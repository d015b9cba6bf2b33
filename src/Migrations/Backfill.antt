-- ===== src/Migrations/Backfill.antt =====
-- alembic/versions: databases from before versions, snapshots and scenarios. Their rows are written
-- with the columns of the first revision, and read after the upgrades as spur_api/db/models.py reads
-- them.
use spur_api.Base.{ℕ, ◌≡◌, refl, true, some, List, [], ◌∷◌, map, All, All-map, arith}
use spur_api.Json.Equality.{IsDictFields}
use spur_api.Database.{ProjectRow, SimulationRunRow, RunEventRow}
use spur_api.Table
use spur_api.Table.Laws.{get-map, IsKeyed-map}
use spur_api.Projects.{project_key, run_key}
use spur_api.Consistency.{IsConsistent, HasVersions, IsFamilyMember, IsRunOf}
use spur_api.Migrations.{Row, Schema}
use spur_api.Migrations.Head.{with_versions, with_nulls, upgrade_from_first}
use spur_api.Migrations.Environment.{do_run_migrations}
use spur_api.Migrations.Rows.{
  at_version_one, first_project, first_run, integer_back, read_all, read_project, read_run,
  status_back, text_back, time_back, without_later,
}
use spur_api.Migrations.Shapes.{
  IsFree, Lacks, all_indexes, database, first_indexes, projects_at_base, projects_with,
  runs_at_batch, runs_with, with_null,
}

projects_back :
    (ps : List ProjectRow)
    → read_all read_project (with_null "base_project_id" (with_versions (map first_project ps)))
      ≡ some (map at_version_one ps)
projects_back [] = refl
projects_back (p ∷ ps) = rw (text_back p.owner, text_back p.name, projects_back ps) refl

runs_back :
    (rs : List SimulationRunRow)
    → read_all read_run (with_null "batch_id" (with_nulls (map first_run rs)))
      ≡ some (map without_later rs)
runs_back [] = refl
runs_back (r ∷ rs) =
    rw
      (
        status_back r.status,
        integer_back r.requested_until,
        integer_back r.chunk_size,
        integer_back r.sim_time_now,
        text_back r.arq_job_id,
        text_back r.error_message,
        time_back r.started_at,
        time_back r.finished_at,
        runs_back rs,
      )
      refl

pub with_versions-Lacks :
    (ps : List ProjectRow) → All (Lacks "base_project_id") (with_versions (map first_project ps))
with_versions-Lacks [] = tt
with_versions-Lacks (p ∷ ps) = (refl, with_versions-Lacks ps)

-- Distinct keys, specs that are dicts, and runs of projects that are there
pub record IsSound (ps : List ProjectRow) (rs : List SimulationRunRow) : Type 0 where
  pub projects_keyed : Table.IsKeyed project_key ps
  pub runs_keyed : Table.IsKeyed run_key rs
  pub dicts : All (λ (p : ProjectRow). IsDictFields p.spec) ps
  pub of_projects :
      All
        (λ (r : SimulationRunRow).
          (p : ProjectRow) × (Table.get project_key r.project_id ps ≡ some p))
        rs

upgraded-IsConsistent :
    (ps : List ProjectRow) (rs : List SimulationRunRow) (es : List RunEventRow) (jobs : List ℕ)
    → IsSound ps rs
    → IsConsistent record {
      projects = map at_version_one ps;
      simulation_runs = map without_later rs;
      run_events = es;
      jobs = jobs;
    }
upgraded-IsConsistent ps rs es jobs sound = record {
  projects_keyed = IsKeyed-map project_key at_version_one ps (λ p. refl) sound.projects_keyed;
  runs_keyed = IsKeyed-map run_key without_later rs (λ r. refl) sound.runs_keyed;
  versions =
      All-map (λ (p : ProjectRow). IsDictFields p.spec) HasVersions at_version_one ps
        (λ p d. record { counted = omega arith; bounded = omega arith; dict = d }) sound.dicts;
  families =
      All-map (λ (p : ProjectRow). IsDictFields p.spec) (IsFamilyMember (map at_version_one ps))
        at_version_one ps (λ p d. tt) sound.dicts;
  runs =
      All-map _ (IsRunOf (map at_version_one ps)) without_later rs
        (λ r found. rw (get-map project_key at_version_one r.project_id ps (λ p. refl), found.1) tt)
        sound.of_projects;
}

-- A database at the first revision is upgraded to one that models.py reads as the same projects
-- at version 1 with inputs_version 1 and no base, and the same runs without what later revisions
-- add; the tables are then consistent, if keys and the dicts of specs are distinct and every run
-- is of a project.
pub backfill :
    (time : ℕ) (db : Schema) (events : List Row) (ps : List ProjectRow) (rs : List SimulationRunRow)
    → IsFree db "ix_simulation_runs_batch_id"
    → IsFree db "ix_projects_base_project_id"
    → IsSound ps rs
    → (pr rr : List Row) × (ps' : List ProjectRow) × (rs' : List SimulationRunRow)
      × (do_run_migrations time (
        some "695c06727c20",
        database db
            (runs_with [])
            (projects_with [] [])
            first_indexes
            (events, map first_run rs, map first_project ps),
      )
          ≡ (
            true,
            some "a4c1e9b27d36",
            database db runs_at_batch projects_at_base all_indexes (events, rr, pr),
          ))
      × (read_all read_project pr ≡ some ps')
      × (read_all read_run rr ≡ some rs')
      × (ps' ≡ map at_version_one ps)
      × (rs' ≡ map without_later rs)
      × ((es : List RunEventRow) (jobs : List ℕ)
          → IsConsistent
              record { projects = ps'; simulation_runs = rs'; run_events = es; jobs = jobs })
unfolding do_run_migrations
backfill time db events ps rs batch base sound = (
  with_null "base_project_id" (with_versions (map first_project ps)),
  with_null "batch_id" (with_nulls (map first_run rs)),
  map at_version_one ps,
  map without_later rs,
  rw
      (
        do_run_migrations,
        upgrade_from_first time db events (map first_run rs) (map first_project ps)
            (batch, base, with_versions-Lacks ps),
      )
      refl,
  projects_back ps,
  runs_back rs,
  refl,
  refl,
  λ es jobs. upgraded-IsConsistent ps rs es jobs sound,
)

::::::

[WORK INSTRUCTIONS]: Type out the material again, matching every line.

[ANSWER]:
repository d015b9cba6bf2b33
filename src/Migrations/Backfill.antt
-- ===== src/Migrations/Backfill.antt =====
-- alembic/versions: databases from before versions, snapshots and scenarios. Their rows are written
-- with the columns of the first revision, and read after the upgrades as spur_api/db/models.py reads
-- them.
use spur_api.Base.{ℕ, ◌≡◌, refl, true, some, List, [], ◌∷◌, map, All, All-map, arith}
use spur_api.Json.Equality.{IsDictFields}
use spur_api.Database.{ProjectRow, SimulationRunRow, RunEventRow}
use spur_api.Table
use spur_api.Table.Laws.{get-map, IsKeyed-map}
use spur_api.Projects.{project_key, run_key}
use spur_api.Consistency.{IsConsistent, HasVersions, IsFamilyMember, IsRunOf}
use spur_api.Migrations.{Row, Schema}
use spur_api.Migrations.Head.{with_versions, with_nulls, upgrade_from_first}
use spur_api.Migrations.Environment.{do_run_migrations}
use spur_api.Migrations.Rows.{
  at_version_one, first_project, first_run, integer_back, read_all, read_project, read_run,
  status_back, text_back, time_back, without_later,
}
use spur_api.Migrations.Shapes.{
  IsFree, Lacks, all_indexes, database, first_indexes, projects_at_base, projects_with,
  runs_at_batch, runs_with, with_null,
}

projects_back :
    (ps : List ProjectRow)
    → read_all read_project (with_null "base_project_id" (with_versions (map first_project ps)))
      ≡ some (map at_version_one ps)
projects_back [] = refl
projects_back (p ∷ ps) = rw (text_back p.owner, text_back p.name, projects_back ps) refl

runs_back :
    (rs : List SimulationRunRow)
    → read_all read_run (with_null "batch_id" (with_nulls (map first_run rs)))
      ≡ some (map without_later rs)
runs_back [] = refl
runs_back (r ∷ rs) =
    rw
      (
        status_back r.status,
        integer_back r.requested_until,
        integer_back r.chunk_size,
        integer_back r.sim_time_now,
        text_back r.arq_job_id,
        text_back r.error_message,
        time_back r.started_at,
        time_back r.finished_at,
        runs_back rs,
      )
      refl

pub with_versions-Lacks :
    (ps : List ProjectRow) → All (Lacks "base_project_id") (with_versions (map first_project ps))
with_versions-Lacks [] = tt
with_versions-Lacks (p ∷ ps) = (refl, with_versions-Lacks ps)

-- Distinct keys, specs that are dicts, and runs of projects that are there
pub record IsSound (ps : List ProjectRow) (rs : List SimulationRunRow) : Type 0 where
  pub projects_keyed : Table.IsKeyed project_key ps
  pub runs_keyed : Table.IsKeyed run_key rs
  pub dicts : All (λ (p : ProjectRow). IsDictFields p.spec) ps
  pub of_projects :
      All
        (λ (r : SimulationRunRow).
          (p : ProjectRow) × (Table.get project_key r.project_id ps ≡ some p))
        rs

upgraded-IsConsistent :
    (ps : List ProjectRow) (rs : List SimulationRunRow) (es : List RunEventRow) (jobs : List ℕ)
    → IsSound ps rs
    → IsConsistent record {
      projects = map at_version_one ps;
      simulation_runs = map without_later rs;
      run_events = es;
      jobs = jobs;
    }
upgraded-IsConsistent ps rs es jobs sound = record {
  projects_keyed = IsKeyed-map project_key at_version_one ps (λ p. refl) sound.projects_keyed;
  runs_keyed = IsKeyed-map run_key without_later rs (λ r. refl) sound.runs_keyed;
  versions =
      All-map (λ (p : ProjectRow). IsDictFields p.spec) HasVersions at_version_one ps
        (λ p d. record { counted = omega arith; bounded = omega arith; dict = d }) sound.dicts;
  families =
      All-map (λ (p : ProjectRow). IsDictFields p.spec) (IsFamilyMember (map at_version_one ps))
        at_version_one ps (λ p d. tt) sound.dicts;
  runs =
      All-map _ (IsRunOf (map at_version_one ps)) without_later rs
        (λ r found. rw (get-map project_key at_version_one r.project_id ps (λ p. refl), found.1) tt)
        sound.of_projects;
}

-- A database at the first revision is upgraded to one that models.py reads as the same projects
-- at version 1 with inputs_version 1 and no base, and the same runs without what later revisions
-- add; the tables are then consistent, if keys and the dicts of specs are distinct and every run
-- is of a project.
pub backfill :
    (time : ℕ) (db : Schema) (events : List Row) (ps : List ProjectRow) (rs : List SimulationRunRow)
    → IsFree db "ix_simulation_runs_batch_id"
    → IsFree db "ix_projects_base_project_id"
    → IsSound ps rs
    → (pr rr : List Row) × (ps' : List ProjectRow) × (rs' : List SimulationRunRow)
      × (do_run_migrations time (
        some "695c06727c20",
        database db
            (runs_with [])
            (projects_with [] [])
            first_indexes
            (events, map first_run rs, map first_project ps),
      )
          ≡ (
            true,
            some "a4c1e9b27d36",
            database db runs_at_batch projects_at_base all_indexes (events, rr, pr),
          ))
      × (read_all read_project pr ≡ some ps')
      × (read_all read_run rr ≡ some rs')
      × (ps' ≡ map at_version_one ps)
      × (rs' ≡ map without_later rs)
      × ((es : List RunEventRow) (jobs : List ℕ)
          → IsConsistent
              record { projects = ps'; simulation_runs = rs'; run_events = es; jobs = jobs })
unfolding do_run_migrations
backfill time db events ps rs batch base sound = (
  with_null "base_project_id" (with_versions (map first_project ps)),
  with_null "batch_id" (with_nulls (map first_run rs)),
  map at_version_one ps,
  map without_later rs,
  rw
      (
        do_run_migrations,
        upgrade_from_first time db events (map first_run rs) (map first_project ps)
            (batch, base, with_versions-Lacks ps),
      )
      refl,
  projects_back ps,
  runs_back rs,
  refl,
  refl,
  λ es jobs. upgraded-IsConsistent ps rs es jobs sound,
)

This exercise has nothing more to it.